**Record extracts:**
● ● ●

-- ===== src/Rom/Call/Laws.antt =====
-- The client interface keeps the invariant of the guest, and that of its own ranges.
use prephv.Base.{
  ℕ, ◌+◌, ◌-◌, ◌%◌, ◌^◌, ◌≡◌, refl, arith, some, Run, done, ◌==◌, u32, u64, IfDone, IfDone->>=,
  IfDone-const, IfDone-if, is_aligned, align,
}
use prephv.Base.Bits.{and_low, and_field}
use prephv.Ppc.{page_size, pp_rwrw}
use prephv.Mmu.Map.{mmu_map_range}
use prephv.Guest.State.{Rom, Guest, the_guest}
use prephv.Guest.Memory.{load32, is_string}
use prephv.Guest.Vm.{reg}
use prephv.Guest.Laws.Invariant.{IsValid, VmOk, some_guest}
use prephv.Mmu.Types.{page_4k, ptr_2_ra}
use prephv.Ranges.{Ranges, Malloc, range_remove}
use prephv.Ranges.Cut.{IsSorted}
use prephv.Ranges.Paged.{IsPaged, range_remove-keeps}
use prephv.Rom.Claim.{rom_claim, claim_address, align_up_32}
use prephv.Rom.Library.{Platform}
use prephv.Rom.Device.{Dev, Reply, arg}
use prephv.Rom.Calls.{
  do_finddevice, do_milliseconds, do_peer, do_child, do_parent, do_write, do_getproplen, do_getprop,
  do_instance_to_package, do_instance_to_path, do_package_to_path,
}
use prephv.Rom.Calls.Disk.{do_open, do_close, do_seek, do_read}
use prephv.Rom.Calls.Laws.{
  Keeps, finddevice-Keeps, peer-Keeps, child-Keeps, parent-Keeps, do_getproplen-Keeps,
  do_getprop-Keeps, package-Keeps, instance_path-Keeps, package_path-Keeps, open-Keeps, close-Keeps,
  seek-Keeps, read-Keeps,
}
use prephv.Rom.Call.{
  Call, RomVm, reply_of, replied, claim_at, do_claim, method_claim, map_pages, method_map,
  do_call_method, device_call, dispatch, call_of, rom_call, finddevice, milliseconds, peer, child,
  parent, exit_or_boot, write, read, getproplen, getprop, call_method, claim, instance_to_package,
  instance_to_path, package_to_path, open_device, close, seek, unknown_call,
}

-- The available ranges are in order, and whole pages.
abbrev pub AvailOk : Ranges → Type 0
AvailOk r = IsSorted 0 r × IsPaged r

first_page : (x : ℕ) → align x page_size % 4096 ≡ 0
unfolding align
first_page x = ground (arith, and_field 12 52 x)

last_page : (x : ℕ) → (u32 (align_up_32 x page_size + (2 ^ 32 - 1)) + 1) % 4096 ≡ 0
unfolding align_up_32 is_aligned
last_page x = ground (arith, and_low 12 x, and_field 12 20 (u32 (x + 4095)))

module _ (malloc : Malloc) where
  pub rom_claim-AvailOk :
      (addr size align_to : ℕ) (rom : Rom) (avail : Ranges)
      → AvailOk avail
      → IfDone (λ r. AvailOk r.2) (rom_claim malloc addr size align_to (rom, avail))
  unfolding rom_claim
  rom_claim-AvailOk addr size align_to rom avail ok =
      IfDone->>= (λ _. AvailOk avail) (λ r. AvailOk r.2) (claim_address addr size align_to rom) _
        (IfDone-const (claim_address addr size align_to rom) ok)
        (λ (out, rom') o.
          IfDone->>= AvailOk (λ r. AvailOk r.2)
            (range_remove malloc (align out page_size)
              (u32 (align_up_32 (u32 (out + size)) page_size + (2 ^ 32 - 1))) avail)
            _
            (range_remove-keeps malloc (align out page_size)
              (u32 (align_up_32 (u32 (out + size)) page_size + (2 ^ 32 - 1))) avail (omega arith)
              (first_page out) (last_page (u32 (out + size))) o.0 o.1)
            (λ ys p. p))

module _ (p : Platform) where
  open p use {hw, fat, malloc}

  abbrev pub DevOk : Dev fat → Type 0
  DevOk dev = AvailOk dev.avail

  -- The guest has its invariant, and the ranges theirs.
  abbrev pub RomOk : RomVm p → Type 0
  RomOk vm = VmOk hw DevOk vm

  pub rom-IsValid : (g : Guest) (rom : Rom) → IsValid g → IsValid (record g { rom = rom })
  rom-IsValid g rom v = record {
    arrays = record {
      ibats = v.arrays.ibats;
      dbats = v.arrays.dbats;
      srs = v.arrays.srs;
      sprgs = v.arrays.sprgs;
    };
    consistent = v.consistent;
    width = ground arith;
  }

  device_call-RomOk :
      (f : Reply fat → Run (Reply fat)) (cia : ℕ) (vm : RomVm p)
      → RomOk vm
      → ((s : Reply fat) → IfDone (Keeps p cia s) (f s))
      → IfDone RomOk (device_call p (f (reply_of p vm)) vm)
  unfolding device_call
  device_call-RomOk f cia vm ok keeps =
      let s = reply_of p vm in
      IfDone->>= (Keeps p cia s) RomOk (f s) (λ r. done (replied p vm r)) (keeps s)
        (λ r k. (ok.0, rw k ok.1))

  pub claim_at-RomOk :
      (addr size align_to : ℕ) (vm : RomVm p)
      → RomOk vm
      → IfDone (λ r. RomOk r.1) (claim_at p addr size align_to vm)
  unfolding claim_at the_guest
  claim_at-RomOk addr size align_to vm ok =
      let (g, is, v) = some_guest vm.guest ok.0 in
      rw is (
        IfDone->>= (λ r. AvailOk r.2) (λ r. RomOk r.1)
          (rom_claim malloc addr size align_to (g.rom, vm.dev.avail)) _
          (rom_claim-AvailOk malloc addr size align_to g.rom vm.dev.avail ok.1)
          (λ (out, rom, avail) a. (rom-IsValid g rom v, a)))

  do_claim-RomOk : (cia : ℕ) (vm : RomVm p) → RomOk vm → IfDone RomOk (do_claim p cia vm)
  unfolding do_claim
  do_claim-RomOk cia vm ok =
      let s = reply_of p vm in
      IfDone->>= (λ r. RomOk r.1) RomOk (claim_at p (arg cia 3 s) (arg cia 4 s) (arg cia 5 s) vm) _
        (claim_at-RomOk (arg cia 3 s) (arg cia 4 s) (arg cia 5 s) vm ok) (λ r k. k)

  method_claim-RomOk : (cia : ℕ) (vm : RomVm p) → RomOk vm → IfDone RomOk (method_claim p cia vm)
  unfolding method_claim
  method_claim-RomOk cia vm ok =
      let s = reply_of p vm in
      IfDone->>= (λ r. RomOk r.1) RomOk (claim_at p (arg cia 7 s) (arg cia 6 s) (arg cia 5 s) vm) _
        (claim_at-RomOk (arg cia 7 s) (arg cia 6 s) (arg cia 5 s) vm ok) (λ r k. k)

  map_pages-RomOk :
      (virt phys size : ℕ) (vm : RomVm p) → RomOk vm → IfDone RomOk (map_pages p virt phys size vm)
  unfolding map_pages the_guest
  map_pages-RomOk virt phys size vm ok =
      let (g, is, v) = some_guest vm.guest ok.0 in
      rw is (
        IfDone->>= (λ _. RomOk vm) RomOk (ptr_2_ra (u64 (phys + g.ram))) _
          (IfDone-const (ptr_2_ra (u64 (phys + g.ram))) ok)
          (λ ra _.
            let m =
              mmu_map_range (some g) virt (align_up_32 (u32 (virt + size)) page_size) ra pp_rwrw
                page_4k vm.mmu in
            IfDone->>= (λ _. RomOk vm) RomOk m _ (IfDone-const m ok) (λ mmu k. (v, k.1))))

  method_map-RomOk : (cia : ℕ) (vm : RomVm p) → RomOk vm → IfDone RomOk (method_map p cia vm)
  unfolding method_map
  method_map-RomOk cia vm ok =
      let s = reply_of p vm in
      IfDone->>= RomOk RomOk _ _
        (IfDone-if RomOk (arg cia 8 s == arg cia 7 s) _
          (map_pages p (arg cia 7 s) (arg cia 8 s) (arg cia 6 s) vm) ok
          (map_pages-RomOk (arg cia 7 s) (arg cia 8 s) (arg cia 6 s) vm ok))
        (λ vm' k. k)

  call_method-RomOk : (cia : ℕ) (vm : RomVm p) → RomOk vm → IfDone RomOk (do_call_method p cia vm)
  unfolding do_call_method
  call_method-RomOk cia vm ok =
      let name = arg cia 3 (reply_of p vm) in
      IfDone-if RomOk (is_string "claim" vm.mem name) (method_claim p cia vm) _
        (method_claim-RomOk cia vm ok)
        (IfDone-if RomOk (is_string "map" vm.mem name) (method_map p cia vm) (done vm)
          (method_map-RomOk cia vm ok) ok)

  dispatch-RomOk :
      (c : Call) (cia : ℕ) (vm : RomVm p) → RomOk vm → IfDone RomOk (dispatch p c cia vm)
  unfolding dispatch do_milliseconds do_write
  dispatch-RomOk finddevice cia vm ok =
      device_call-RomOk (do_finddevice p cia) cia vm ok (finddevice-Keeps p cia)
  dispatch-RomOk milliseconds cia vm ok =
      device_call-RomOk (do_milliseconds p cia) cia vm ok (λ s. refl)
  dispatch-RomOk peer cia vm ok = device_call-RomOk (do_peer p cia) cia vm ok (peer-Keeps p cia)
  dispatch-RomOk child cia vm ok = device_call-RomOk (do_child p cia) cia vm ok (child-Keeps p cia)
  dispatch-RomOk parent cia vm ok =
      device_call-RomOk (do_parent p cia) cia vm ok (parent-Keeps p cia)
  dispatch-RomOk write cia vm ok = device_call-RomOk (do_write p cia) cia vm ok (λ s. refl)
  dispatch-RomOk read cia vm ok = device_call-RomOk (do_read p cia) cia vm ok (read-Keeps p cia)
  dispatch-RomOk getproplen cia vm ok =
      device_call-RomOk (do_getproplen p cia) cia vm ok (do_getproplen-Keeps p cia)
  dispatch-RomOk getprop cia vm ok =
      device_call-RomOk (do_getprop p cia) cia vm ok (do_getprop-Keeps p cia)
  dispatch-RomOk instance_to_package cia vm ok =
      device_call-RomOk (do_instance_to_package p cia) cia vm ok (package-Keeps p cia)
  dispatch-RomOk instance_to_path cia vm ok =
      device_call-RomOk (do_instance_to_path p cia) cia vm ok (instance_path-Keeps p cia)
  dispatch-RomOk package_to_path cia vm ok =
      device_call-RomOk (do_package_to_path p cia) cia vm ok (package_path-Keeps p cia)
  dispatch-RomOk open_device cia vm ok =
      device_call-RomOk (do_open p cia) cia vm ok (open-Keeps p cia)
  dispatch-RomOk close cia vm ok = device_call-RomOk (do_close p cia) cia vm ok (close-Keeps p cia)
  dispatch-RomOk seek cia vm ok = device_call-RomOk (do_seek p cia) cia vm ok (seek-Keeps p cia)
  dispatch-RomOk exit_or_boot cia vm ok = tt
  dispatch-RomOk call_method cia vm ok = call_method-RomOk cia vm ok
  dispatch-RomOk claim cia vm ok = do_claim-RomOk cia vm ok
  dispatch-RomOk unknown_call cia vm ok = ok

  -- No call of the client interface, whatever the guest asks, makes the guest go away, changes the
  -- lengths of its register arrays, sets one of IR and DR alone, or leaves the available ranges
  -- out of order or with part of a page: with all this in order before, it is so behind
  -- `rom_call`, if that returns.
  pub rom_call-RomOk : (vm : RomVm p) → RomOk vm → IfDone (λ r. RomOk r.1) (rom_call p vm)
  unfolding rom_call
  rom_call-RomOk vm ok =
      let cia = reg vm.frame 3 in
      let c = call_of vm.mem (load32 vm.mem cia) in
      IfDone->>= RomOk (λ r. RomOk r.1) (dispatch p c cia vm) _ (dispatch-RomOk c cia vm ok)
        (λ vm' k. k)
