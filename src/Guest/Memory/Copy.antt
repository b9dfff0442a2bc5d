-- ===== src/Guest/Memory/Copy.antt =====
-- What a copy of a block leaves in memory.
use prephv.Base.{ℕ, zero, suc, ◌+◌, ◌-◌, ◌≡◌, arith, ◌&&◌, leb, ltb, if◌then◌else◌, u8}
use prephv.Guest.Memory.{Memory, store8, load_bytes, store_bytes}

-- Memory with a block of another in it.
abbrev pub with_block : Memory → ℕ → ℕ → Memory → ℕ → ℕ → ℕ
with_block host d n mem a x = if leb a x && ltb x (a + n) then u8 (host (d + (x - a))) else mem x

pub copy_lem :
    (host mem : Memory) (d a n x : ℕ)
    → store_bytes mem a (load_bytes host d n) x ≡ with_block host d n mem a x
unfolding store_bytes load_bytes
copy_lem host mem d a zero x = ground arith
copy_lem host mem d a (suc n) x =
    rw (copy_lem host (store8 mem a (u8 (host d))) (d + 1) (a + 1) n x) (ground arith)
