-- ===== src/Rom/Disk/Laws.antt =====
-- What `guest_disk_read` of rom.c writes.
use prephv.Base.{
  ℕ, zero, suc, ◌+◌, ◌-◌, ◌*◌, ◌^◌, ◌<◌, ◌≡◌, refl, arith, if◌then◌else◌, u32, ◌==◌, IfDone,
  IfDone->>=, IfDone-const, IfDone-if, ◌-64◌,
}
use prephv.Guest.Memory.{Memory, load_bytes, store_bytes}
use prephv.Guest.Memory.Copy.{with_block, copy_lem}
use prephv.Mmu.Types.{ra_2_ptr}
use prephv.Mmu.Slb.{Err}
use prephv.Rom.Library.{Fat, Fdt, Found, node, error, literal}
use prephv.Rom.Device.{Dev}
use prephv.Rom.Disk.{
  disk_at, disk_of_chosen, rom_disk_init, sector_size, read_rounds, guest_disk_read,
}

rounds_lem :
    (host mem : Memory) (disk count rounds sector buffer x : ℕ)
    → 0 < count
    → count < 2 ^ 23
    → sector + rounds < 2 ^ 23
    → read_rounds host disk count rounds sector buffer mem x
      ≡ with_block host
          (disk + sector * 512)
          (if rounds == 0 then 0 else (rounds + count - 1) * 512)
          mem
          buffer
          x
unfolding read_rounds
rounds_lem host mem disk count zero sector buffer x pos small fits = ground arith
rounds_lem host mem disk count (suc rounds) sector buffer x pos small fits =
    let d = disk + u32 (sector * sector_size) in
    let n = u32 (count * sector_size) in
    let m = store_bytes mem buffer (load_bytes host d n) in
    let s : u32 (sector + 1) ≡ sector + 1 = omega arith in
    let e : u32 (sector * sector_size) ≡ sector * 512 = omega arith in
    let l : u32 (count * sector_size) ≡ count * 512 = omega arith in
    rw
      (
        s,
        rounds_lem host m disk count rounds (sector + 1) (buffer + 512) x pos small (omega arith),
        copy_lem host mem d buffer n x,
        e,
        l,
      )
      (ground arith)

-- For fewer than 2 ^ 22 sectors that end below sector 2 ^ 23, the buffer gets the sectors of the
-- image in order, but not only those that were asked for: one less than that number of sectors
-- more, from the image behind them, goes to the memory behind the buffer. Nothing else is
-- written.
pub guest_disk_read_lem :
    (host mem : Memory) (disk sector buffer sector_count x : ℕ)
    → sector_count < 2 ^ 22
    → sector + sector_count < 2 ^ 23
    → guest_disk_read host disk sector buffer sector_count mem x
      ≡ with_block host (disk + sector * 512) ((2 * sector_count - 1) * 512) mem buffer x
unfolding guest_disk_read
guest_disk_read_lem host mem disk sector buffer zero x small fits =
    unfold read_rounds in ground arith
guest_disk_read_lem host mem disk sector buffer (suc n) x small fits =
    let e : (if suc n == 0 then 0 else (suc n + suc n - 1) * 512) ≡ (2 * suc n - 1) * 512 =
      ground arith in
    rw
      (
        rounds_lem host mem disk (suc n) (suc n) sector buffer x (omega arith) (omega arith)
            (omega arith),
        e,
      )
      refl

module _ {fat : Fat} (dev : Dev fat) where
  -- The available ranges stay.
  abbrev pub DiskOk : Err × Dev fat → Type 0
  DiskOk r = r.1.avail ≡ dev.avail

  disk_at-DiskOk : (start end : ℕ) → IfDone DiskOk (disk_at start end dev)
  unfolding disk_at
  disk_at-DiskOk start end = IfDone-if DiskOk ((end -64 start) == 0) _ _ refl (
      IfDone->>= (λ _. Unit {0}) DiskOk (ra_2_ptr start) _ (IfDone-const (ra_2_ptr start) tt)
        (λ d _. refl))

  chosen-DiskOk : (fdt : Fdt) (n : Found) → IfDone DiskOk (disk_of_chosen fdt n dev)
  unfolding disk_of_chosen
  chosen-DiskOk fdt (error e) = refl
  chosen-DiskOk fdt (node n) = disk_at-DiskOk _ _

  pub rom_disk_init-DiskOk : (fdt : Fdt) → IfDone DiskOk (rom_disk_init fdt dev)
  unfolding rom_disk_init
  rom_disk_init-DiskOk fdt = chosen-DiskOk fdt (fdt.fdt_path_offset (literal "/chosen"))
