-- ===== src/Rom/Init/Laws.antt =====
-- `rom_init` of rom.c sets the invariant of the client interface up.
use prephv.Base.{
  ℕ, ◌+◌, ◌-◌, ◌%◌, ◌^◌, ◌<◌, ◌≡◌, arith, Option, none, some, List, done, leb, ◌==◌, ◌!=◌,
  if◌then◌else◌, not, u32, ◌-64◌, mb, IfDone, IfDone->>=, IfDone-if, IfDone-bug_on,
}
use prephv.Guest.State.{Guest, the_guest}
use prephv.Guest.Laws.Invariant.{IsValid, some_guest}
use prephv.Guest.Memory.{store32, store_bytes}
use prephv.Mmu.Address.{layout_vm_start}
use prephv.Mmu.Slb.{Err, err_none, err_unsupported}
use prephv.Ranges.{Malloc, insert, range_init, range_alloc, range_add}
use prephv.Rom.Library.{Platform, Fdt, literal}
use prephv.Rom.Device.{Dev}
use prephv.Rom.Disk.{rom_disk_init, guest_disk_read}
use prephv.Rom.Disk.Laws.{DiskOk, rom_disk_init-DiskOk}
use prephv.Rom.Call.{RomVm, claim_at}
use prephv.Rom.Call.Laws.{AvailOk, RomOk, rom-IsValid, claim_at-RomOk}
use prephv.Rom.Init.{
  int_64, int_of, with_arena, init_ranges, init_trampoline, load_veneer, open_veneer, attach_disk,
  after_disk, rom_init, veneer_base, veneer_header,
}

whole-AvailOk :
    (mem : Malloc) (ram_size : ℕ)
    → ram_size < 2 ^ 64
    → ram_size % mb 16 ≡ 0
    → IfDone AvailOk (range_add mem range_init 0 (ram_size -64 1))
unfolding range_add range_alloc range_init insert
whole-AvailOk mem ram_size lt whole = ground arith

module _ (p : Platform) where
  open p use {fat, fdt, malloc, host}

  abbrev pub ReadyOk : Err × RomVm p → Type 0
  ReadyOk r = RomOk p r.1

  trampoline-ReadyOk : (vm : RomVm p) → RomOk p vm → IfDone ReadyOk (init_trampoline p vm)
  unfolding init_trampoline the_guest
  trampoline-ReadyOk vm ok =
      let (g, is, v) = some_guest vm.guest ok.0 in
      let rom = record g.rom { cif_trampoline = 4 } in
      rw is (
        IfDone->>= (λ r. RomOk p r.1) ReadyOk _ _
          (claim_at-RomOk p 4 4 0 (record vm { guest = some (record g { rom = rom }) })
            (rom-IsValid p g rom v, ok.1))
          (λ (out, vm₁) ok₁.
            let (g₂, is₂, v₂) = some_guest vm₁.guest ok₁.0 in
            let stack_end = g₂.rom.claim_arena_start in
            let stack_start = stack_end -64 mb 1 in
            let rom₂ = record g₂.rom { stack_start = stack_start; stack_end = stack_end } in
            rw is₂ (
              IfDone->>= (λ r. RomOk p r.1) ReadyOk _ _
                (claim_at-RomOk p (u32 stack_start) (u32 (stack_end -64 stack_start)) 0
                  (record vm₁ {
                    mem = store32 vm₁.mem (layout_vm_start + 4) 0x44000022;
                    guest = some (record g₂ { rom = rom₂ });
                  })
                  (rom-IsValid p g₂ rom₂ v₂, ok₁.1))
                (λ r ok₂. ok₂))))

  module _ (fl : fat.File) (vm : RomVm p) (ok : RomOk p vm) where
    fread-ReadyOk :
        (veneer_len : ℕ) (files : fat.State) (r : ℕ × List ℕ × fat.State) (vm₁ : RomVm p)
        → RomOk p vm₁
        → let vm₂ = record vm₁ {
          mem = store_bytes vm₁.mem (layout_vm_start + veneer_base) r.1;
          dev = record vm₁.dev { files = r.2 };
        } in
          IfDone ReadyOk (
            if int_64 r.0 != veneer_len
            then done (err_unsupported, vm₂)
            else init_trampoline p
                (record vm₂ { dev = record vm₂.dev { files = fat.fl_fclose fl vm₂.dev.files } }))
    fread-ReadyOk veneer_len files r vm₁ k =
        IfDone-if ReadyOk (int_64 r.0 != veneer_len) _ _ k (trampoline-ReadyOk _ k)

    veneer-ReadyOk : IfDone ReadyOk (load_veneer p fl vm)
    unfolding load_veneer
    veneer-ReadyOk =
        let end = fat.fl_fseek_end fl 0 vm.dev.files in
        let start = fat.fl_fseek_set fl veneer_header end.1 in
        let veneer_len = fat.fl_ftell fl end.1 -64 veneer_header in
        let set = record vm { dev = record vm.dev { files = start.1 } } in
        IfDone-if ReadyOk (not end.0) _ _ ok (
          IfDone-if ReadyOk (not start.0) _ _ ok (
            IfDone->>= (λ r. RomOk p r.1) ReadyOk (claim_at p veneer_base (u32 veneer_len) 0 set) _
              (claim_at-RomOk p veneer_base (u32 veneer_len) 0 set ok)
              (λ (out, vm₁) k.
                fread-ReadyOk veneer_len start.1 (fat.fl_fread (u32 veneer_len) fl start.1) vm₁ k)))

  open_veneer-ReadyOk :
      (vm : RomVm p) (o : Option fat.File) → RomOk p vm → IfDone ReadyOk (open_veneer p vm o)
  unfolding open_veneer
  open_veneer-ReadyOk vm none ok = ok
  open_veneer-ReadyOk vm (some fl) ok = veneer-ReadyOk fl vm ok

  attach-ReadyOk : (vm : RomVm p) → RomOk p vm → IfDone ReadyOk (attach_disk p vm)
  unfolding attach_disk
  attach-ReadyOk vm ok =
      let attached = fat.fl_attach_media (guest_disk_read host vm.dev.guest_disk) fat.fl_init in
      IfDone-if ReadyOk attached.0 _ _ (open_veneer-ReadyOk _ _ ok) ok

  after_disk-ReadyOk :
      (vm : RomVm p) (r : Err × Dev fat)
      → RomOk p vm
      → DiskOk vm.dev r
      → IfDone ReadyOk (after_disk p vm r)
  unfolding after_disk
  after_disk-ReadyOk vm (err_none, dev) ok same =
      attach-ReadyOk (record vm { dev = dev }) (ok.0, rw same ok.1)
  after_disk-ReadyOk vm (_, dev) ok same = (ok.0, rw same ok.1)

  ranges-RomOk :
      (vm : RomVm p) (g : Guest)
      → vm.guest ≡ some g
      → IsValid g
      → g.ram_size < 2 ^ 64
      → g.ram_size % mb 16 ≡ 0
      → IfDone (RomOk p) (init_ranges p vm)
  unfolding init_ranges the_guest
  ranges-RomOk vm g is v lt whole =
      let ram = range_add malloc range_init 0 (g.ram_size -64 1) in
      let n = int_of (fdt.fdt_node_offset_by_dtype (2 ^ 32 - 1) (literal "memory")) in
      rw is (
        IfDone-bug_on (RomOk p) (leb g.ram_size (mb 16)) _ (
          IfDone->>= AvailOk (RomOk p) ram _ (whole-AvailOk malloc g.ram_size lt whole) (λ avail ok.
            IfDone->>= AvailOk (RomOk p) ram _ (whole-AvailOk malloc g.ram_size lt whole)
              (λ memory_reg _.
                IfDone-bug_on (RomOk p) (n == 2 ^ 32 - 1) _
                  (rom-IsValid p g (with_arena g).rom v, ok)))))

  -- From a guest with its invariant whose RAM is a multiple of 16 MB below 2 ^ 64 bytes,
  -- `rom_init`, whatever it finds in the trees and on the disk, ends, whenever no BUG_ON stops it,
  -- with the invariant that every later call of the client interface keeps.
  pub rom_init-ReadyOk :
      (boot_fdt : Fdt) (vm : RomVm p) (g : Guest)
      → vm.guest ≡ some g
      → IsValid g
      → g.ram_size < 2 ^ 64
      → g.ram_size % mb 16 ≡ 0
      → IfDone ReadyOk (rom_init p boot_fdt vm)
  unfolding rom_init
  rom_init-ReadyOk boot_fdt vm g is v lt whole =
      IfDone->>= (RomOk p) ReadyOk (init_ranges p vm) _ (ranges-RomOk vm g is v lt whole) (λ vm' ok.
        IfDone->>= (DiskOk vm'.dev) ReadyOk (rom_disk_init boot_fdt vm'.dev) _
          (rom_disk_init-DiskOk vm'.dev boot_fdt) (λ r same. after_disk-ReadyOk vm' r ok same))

● ● ●

Copy out all the lines of the records that include "image".

**Solution to this task:**
-- image in order, but not only those that were asked for: one less than that number of sectors
-- more, from the image behind them, goes to the memory behind the buffer. Nothing else is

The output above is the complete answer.